Kapitel 8

Auf dem Plattenspieler schnulzte ein alter Song von Bing Crosby, und auf dem kalten Buffet waren nur noch Brot und Butter zurückgeblieben. Berger tanzte mit der Ragall, ihr Mann schnarchte in einem Sessel friedlich vor sich hin. Gert tuschelte mit der Freundin von Berger, die Maiers standen in der Nähe der Tür und diskutierten offenbar darüber, ob sie jetzt gehen sollten oder nicht. Ilse erzählte Horst zum vierten- oder fünftenmal unter dem Siegel der Verschwiegenheit, daß Gert im Bett eine Niete sei und daß die Ragalls sich schon dreimal hatten scheiden lassen wollen, aber jedesmal wegen der Kinder zusammengeblieben waren.

Soweit er wußte, waren die Kinder der Ragalls schon erwachsen. Ilse war betrunken. Er nickte ihr zu und tätschelte ihre Schulter. Christine konnte er nicht sehen, hörte aber ihr etwas überdrehtes Lachen in der Küche. Er sagte beiläufig, daß er gern einen Kaffee hätte, und Ilse kam bereitwillig mit. Christine stand gegen den Spülstein gelehnt und erklärte mit weit ausholenden Gesten ein exotisches Kochrezept. Dieser junge Mann, Frieder oder wie er hieß, hockte halb in sich zusammengesunken auf einem Küchenstuhl und stierte vor sich hin.

Ilse blieb etwas ratlos stehen. »Wer wollte Kaffee haben?« Horst antwortete nicht, er ging zu Christine hinüber, legte ihr einen Arm um die Schultern und zog sie aus der Küche.

»… findest du doch auch, daß meine chinesischen Gerichte besser sind als im Lokal«, murmelte sie etwas verwaschen. »Komm, wir gehen.« Er zog sie sanft in Richtung Tür.

»Will noch nicht gehen.« Sie machte sich plötzlich steif und blieb stehen.

Er senkte die Stimme, aber von den anderen beachtete sie sowieso keiner. »Komm schon, Gert und Ilse wollen auch schlafen gehen.«

»Aber ich doch noch nicht.
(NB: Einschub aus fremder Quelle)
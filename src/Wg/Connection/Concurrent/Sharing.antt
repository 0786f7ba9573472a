-- ===== src/Wg/Connection/Concurrent/Sharing.antt =====
-- pkg/wg/connection.go, `Wireguard.Close`: what the goroutines that call it return.
use mathlib.Core.Path.{subst}
use mathlib.Core.List.{reverse, reverse-cons}
use point_c.Base.{
  ℕ, ◌+◌, ◌≡◌, ◌≢◌, ◌∙◌, refl, sym, ap, Bool, true, false, Option, none, List, [], ◌∷◌, ◌++◌,
  GoError, join, All, All-append, All-split, All-mono, append_assoc, append-nil, total, total-split,
  arith, List-cases, Bool-cases, ◌⊎◌, inl, inr,
}
use point_c.Wg.Options.{Closer}
use point_c.Wg.Connection.{close_loop}
use point_c.Wg.Connection.Concurrent.{
  Shared, Caller, entering, looping, loading, returned, enter, call_next, caller_step, System, step,
  call, Reach, here, next, opened,
}

module _ (run : Closer → Option GoError) where
  -- The errors of these calls, joined one after the other.
  abbrev pub joined : List Closer → Option GoError → Option GoError
  joined [] e = e
  joined (c ∷ cs) e = joined cs (join e (run c))

  joined-snoc :
      (cs : List Closer) (c : Closer) (e : Option GoError)
      → joined (cs ++ c ∷ []) e ≡ join (joined cs e) (run c)
  joined-snoc [] c e = refl
  joined-snoc (d ∷ cs) c e = joined-snoc cs c (join e (run d))

  abbrev in_loop : Caller → ℕ
  in_loop looping = 1
  in_loop _ = 0

  -- The loop runs at most once, and not before the compare-and-swap.
  abbrev Runs : Bool → ℕ → Type 0
  Runs false n = n ≡ 0
  Runs true n = (n ≡ 0) ⊎ (n ≡ 1)

  -- What a call knows, with the closers that are left, those that were called, and the error so
  -- far: the one that ran the loop returns all errors, when all closers have been called; another
  -- returns the errors of some closers that were called first.
  abbrev pub Knows : List Closer → Option GoError → List Closer → Caller → Type 0
  Knows pending err called (loading true) = pending ≡ []
  Knows pending err called (returned true e) = (pending ≡ []) × (e ≡ err)
  Knows pending err called (returned false e) =
      (done : List Closer) × (later : List Closer) × (called ≡ done ++ later)
      × (e ≡ joined done none)
  Knows pending err called _ = Unit {0}

  -- What a step of one goroutine leaves of the facts about the others.
  record Advances (d d' : Shared) : Type 0 where
    grows : (later : List Closer) × (d'.called ≡ d.called ++ later)
    settled : d.pending ≡ [] → (d'.pending ≡ []) × (d'.err ≡ d.err)

  still : (d : Shared) → Advances d d
  still d = record { grows = ([], sym (append-nil d.called)); settled = λ e. (e, refl) }

  record Ordered (closers : List Closer) (d : Shared) : Type 0 where
    order : d.called ++ d.pending ≡ reverse closers
    sum : d.err ≡ joined d.called none

  -- One step of a goroutine, with the number of others that are in the loop.
  record Stepped (closers : List Closer) (d : Shared) (r : Shared × Caller) (n : ℕ) : Type 0 where
    ordered : Ordered closers r.0
    runs : Runs r.0.is_set (in_loop r.1 + n)
    knows : Knows r.0.pending r.0.err r.0.called r.1
    advances : Advances d r.0

  cons-ne-nil : (c : Closer) (cs : List Closer) → c ∷ cs ≢ []
  cons-ne-nil c cs h = ground arith

  leave_loop : (b : Bool) (n : ℕ) → Runs b (1 + n) → Runs b (0 + n)
  leave_loop false n r = absurd (omega (arith, r))
  leave_loop true n (inl r) = absurd (omega (arith, r))
  leave_loop true n (inr r) = inl (omega (arith, r))

  enter-Stepped :
      (closers : List Closer) (d : Shared) (n : ℕ)
      → Ordered closers d
      → Runs d.is_set (0 + n)
      → Stepped closers d (enter d) n
  unfolding enter
  enter-Stepped closers d n o r = elim (Bool-cases d.is_set) [
    | inl e ↦ simp (e, enter) (record { ordered = o; runs = r; knows = tt; advances = still d })
    | inr e ↦
        simp (e, enter)
          (record {
            ordered = record { order = o.order; sum = o.sum };
            runs = inr (omega (arith, subst (λ b. Runs b (0 + n)) e r));
            knows = tt;
            advances = record { grows = ([], sym (append-nil d.called)); settled = λ q. (q, refl) };
          })
  ]

  call_next-Stepped :
      (closers : List Closer) (d : Shared) (n : ℕ)
      → Ordered closers d
      → Runs d.is_set (1 + n)
      → Stepped closers d (call_next run d) n
  unfolding call_next
  call_next-Stepped closers d n o r = elim (List-cases d.pending) [
    | inl e ↦
        simp (e, call_next)
          (record { ordered = o; runs = leave_loop d.is_set n r; knows = e; advances = still d })
    | inr (c, cs, e) ↦
        simp (e, call_next)
          (record {
            ordered = record {
              order = append_assoc d.called (c ∷ []) cs ∙ ap (◌++◌ d.called) (sym e) ∙ o.order;
              sum = ap (λ x. join x (run c)) o.sum ∙ sym (joined-snoc d.called c none);
            };
            runs = r;
            knows = tt;
            advances = record {
              grows = (c ∷ [], refl);
              settled = λ q. absurd (cons-ne-nil c cs (sym e ∙ q));
            };
          })
  ]

  caller_step-Stepped :
      (closers : List Closer) (d : Shared) (t : Caller) (n : ℕ)
      → Ordered closers d
      → Runs d.is_set (in_loop t + n)
      → Knows d.pending d.err d.called t
      → Stepped closers d (caller_step run d t) n
  unfolding caller_step
  caller_step-Stepped closers d entering n o r k = enter-Stepped closers d n o r
  caller_step-Stepped closers d looping n o r k = call_next-Stepped closers d n o r
  caller_step-Stepped closers d (loading true) n o r k = record {
    ordered = o;
    runs = r;
    knows = (k, refl);
    advances = still d;
  }
  caller_step-Stepped closers d (loading false) n o r k = record {
    ordered = o;
    runs = r;
    knows = (d.called, [], sym (append-nil d.called), o.sum);
    advances = still d;
  }
  caller_step-Stepped closers d (returned first e) n o r k = record {
    ordered = o;
    runs = r;
    knows = k;
    advances = still d;
  }

  Knows-mono :
      (d d' : Shared)
      → Advances d d'
      → (t : Caller) → Knows d.pending d.err d.called t
      → Knows d'.pending d'.err d'.called t
  Knows-mono d d' a entering k = tt
  Knows-mono d d' a looping k = tt
  Knows-mono d d' a (loading true) k = (a.settled k).0
  Knows-mono d d' a (loading false) k = tt
  Knows-mono d d' a (returned true e) (k, q) = let (p, s) = a.settled k in (p, q ∙ sym s)
  Knows-mono d d' a (returned false e) (done, later, split, q) =
      let (more, g) = a.grows in
      (done, later ++ more, g ∙ ap (λ l. l ++ more) split ∙ append_assoc done later more, q)

  -- The closers are called in reverse order, each once; the error is that of those that were
  -- called; one goroutine at most runs the loop; and every call knows what it returns.
  pub record IsOrderly (closers : List Closer) (s : System run) : Type 0 where
    pub order : s.shared.called ++ s.shared.pending ≡ reverse closers
    pub sum : s.shared.err ≡ joined s.shared.called none
    pub runs : Runs s.shared.is_set (total in_loop s.callers)
    pub known : All (Knows s.shared.pending s.shared.err s.shared.called) s.callers

  step-IsOrderly :
      (closers : List Closer) (d : Shared) (before after : List Caller) (t : Caller)
      → IsOrderly closers (record { shared = d; callers = before ++ t ∷ after })
      → IsOrderly closers (record {
        shared = (caller_step run d t).0;
        callers = before ++ (caller_step run d t).1 ∷ after;
      })
  step-IsOrderly closers d before after t v =
      let d' = (caller_step run d t).0 in
      let t' = (caller_step run d t).1 in
      let n = total in_loop before + total in_loop after in
      let (l, m, r) = All-split (Knows d.pending d.err d.called) before after t v.known in
      let st =
        caller_step-Stepped closers d t n (record { order = v.order; sum = v.sum })
          (subst (Runs d.is_set) (total-split in_loop before after t) v.runs) m in
      let mono = Knows-mono d d' st.advances in
      record {
        order = st.ordered.order;
        sum = st.ordered.sum;
        runs = subst (Runs d'.is_set) (sym (total-split in_loop before after t')) st.runs;
        known =
            All-append (Knows d'.pending d'.err d'.called) before (t' ∷ after)
              (All-mono mono before l) (st.knows, All-mono mono after r);
      }

  Reach-IsOrderly :
      (closers : List Closer) (s : System run)
      → Reach run (opened run closers) s
      → IsOrderly closers s
  Reach-IsOrderly closers s here = record { order = refl; sum = refl; runs = refl; known = tt }
  Reach-IsOrderly closers s (next {t} r (step before after c e e')) =
      subst (IsOrderly closers) (sym e') (
        step-IsOrderly closers t.shared before after c (
          subst (IsOrderly closers) (λ i. record t { callers = e i })
            (Reach-IsOrderly closers t r)))
  Reach-IsOrderly closers s (next {t} r (call e)) =
      let v = Reach-IsOrderly closers t r in
      subst (IsOrderly closers) (sym e) (record {
        order = v.order;
        sum = v.sum;
        runs = subst (Runs t.shared.is_set) (omega arith) v.runs;
        known = (tt, v.known);
      })

  joined-reverse : (cs : List Closer) → joined (reverse cs) none ≡ (close_loop run cs none).1
  unfolding close_loop
  joined-reverse [] = refl
  joined-reverse (c ∷ cs) =
      ap (λ l. joined l none) (reverse-cons c cs)
      ∙ joined-snoc (reverse cs) c none
      ∙ ap (λ e. join e (run c)) (joined-reverse cs)

  -- What a returned call has returned.
  abbrev pub Told : List Closer → Caller → Type 0
  Told closers (returned true e) = e ≡ (close_loop run closers none).1
  Told closers (returned false e) =
      (done : List Closer) × (rest : List Closer) × (done ++ rest ≡ reverse closers)
      × (e ≡ joined done none)
  Told closers _ = Unit {0}

  Knows-Told :
      (closers : List Closer) (d : Shared)
      → d.called ++ d.pending ≡ reverse closers
      → d.err ≡ joined d.called none
      → (t : Caller) → Knows d.pending d.err d.called t
      → Told closers t
  Knows-Told closers d order sum entering k = tt
  Knows-Told closers d order sum looping k = tt
  Knows-Told closers d order sum (loading first) k = tt
  Knows-Told closers d order sum (returned true e) (none_left, q) =
      q
      ∙ sum
      ∙ ap (λ l. joined l none)
          (sym (append-nil d.called) ∙ ap (◌++◌ d.called) (sym none_left) ∙ order)
      ∙ joined-reverse closers
  Knows-Told closers d order sum (returned false e) (done, later, split, q) = (
    done,
    later ++ d.pending,
    sym (append_assoc done later d.pending) ∙ ap (λ l. l ++ d.pending) (sym split) ∙ order,
    q,
  )

  -- However many goroutines call `Close`, and however they interleave: the closers are called from
  -- the last to the first and each at most once; the call that runs them returns what `Close` returns
  -- when it is called alone; any other call returns the joined errors of some closers called first;
  -- and a call that returns now, whichever it is, returns the joined errors of all closers that have
  -- been called by now.
  pub Reach-Told :
      (closers : List Closer) (s : System run)
      → Reach run (opened run closers) s
      → (s.shared.called ++ s.shared.pending ≡ reverse closers)
        × All (Told closers) s.callers
        × ((first : Bool)
            → caller_step run s.shared (loading first)
              ≡ (s.shared, returned first (joined s.shared.called none)))
  unfolding caller_step
  Reach-Told closers s r =
      let v = Reach-IsOrderly closers s r in
      (
        v.order,
        All-mono (Knows-Told closers s.shared v.order v.sum) s.callers v.known,
        λ first. ap (λ e. (s.shared, returned first e)) v.sum,
      )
Bin putzmunter.«

Ihre Stimme stieg an, wieder schaute er hastig zu den anderen hinüber. Er küßte sie leicht auf die Wange.

»Um ehrlich zu sein, ich fall gleich um …« Er bemühte sich um einen scherzhaften Ton: »Ich werde immerhin bald vierzig.«

Sie kicherte. Es war ein alter Witz seit seinem dreißigsten Geburtstag. »Stimmt, Alterchen, in fünf Jahren schon.«

Sie ließ sich gehorsam von ihm zur Tür bringen. Maiers waren verschwunden, ohne sich verabschiedet zu haben. Horst sah kurz zu Gert hin; der schien ihn nicht zu bemerken, und außerdem waren sie auch nicht so förmlich. Er legte Christine den Mantel um und öffnete die Haustür. Die Luft war kühl, und es regnete immer noch. Christine blieb stehen und holte tief Luft.

»Oje, ich glaub, ich hab ein bißchen zuviel erwischt.« Sie hielt sich an seinem Arm fest.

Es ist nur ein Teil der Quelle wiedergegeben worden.